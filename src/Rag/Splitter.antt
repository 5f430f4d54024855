-- ===== src/Rag/Splitter.antt =====
-- include/langchain/rag/splitters and src/rag/splitters: the recursive text splitter. The separator
-- index is the list of the separators from there on, which is not empty. The loop over find in
-- split_string runs on fuel; each round passes the separator, so the text's length is enough.
pub mod Pieces
pub mod Bounds
use langchain_cpp.Base.{
  ℕ, zero, suc, ◌+◌, not, ◌&&◌, List, [], ◌∷◌, ◌++◌, none, some, length, is_empty, ltb, leb,
  if◌then◌else◌,
}
use mathlib.Core.List.{reverse}
use langchain_cpp.Base.Join.{join}
use langchain_cpp.Base.Dict.{Dict}
use langchain_cpp.Rag.Document.{Document}
use langchain_cpp.Base.Text.{Text, break_on}

pub record Config : Type 0 where
  pub chunk_size : ℕ
  pub chunk_overlap : ℕ

-- split_string on the empty separator
unfoldable characters : Text → List Text
characters [] = []
characters (c ∷ s) = (c ∷ []) ∷ characters s

unfoldable split_from : ℕ → Text → Text → List Text
split_from zero separator text = text ∷ []
split_from (suc fuel) separator text = elim (break_on separator text) [
  | none ↦ text ∷ []
  | some (piece, rest) ↦ piece ∷ split_from fuel separator rest
]

unfoldable pub split_string : Text → Text → List Text
unfolding characters split_from
split_string text separator =
    if is_empty separator then characters text else split_from (length text) separator text

-- The pieces at the end of `current`, backwards, that go over into the next chunk, with their
-- length.
unfoldable overlap_from : Config → ℕ → List Text → List Text → ℕ → List Text × ℕ
overlap_from c sep_len [] overlap overlap_len = (overlap, overlap_len)
overlap_from c sep_len (piece ∷ before) overlap overlap_len =
    let len = length piece + (if is_empty overlap then 0 else sep_len) in
    let more = overlap_from c sep_len before (piece ∷ overlap) (overlap_len + len) in
    if ltb c.chunk_overlap (overlap_len + len) then (overlap, overlap_len) else more

-- The locals of the loop of merge_splits.
pub record Merge : Type 0 where
  pub chunks : List Text
  pub current : List Text
  pub current_len : ℕ

unfoldable added_len : ℕ → List Text → Text → ℕ
added_len sep_len current piece = if is_empty current then length piece else length piece + sep_len

-- What is done before the piece is pushed, where it would not fit.
unfoldable flush : Config → Text → Merge → Merge
unfolding overlap_from
flush c separator m =
    let (overlap, overlap_len) = overlap_from c (length separator) (reverse m.current) [] 0 in
    record {
      chunks = m.chunks ++ join separator m.current ∷ [];
      current = overlap;
      current_len = overlap_len;
    }

unfoldable push : Text → Text → Merge → Merge
unfolding added_len
push separator piece m = record m {
  current = m.current ++ piece ∷ [];
  current_len = m.current_len + added_len (length separator) m.current piece;
}

unfoldable merge_step : Config → Text → Text → Merge → Merge
unfolding added_len flush push
merge_step c separator piece m =
    if not (is_empty m.current)
      && ltb c.chunk_size (m.current_len + added_len (length separator) m.current piece)
    then push separator piece (flush c separator m)
    else push separator piece m

unfoldable merge_from : Config → Text → List Text → Merge → Merge
merge_from c separator [] m = m
merge_from c separator (piece ∷ pieces) m =
    merge_from c separator pieces (merge_step c separator piece m)

unfoldable finish : Text → Merge → List Text
finish separator m =
    if is_empty m.current then m.chunks else m.chunks ++ join separator m.current ∷ []

abbrev pub no_merge : Merge
no_merge = record { chunks = []; current = []; current_len = 0 }

unfoldable pub merge_splits : Config → List Text → Text → List Text
unfolding merge_step merge_from finish
merge_splits c pieces separator = finish separator (merge_from c separator pieces no_merge)

-- The loop over the pieces: a piece that is too long goes through `deeper`.
unfoldable refined : Config → (Text → List Text) → List Text → List Text
refined c deeper [] = []
refined c deeper (piece ∷ pieces) =
    (if leb (length piece) c.chunk_size then piece ∷ [] else deeper piece)
    ++ refined c deeper pieces

-- RecursiveCharacterTextSplitter::split
unfoldable pub split : Config → Text → List Text → Text → List Text
unfolding merge_splits refined
split c separator [] text = merge_splits c (split_string text separator) separator
split c separator (next ∷ separators) text =
    merge_splits c (refined c (split c next separators) (split_string text separator)) separator

-- RecursiveCharacterTextSplitter::split_text
unfoldable pub split_text : Config → Text → List Text → Text → List Text
split_text c separator separators text =
    if is_empty text then [] else split c separator separators text

-- The chunks of one document, each with the document's metadata.
unfoldable pub as_documents : {V : Type 0} → Dict V → List Text → List (Document V)
as_documents metadata [] = []
as_documents metadata (chunk ∷ chunks) =
    record { content = chunk; metadata = metadata } ∷ as_documents metadata chunks

-- RecursiveCharacterTextSplitter::split_documents
unfoldable pub split_documents :
    {V : Type 0} → Config → Text → List Text → List (Document V) → List (Document V)
unfolding split_text as_documents
split_documents c separator separators [] = []
split_documents c separator separators (document ∷ documents) =
    as_documents document.metadata (split_text c separator separators document.content)
    ++ split_documents c separator separators documents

• _Problem statement_
Please reproduce, exactly as they appear above, the lines from the line containing "unfolding merge_step merge_from finish" up to and including the line containing "as_documents metadata chunks".

• _Result for this task_
unfolding merge_step merge_from finish
merge_splits c pieces separator = finish separator (merge_from c separator pieces no_merge)

-- The loop over the pieces: a piece that is too long goes through `deeper`.
unfoldable refined : Config → (Text → List Text) → List Text → List Text
refined c deeper [] = []
refined c deeper (piece ∷ pieces) =
    (if leb (length piece) c.chunk_size then piece ∷ [] else deeper piece)
    ++ refined c deeper pieces

-- RecursiveCharacterTextSplitter::split
unfoldable pub split : Config → Text → List Text → Text → List Text
unfolding merge_splits refined
split c separator [] text = merge_splits c (split_string text separator) separator
split c separator (next ∷ separators) text =
    merge_splits c (refined c (split c next separators) (split_string text separator)) separator

-- RecursiveCharacterTextSplitter::split_text
unfoldable pub split_text : Config → Text → List Text → Text → List Text
split_text c separator separators text =
    if is_empty text then [] else split c separator separators text

-- The chunks of one document, each with the document's metadata.
unfoldable pub as_documents : {V : Type 0} → Dict V → List Text → List (Document V)
as_documents metadata [] = []
as_documents metadata (chunk ∷ chunks) =
    record { content = chunk; metadata = metadata } ∷ as_documents metadata chunks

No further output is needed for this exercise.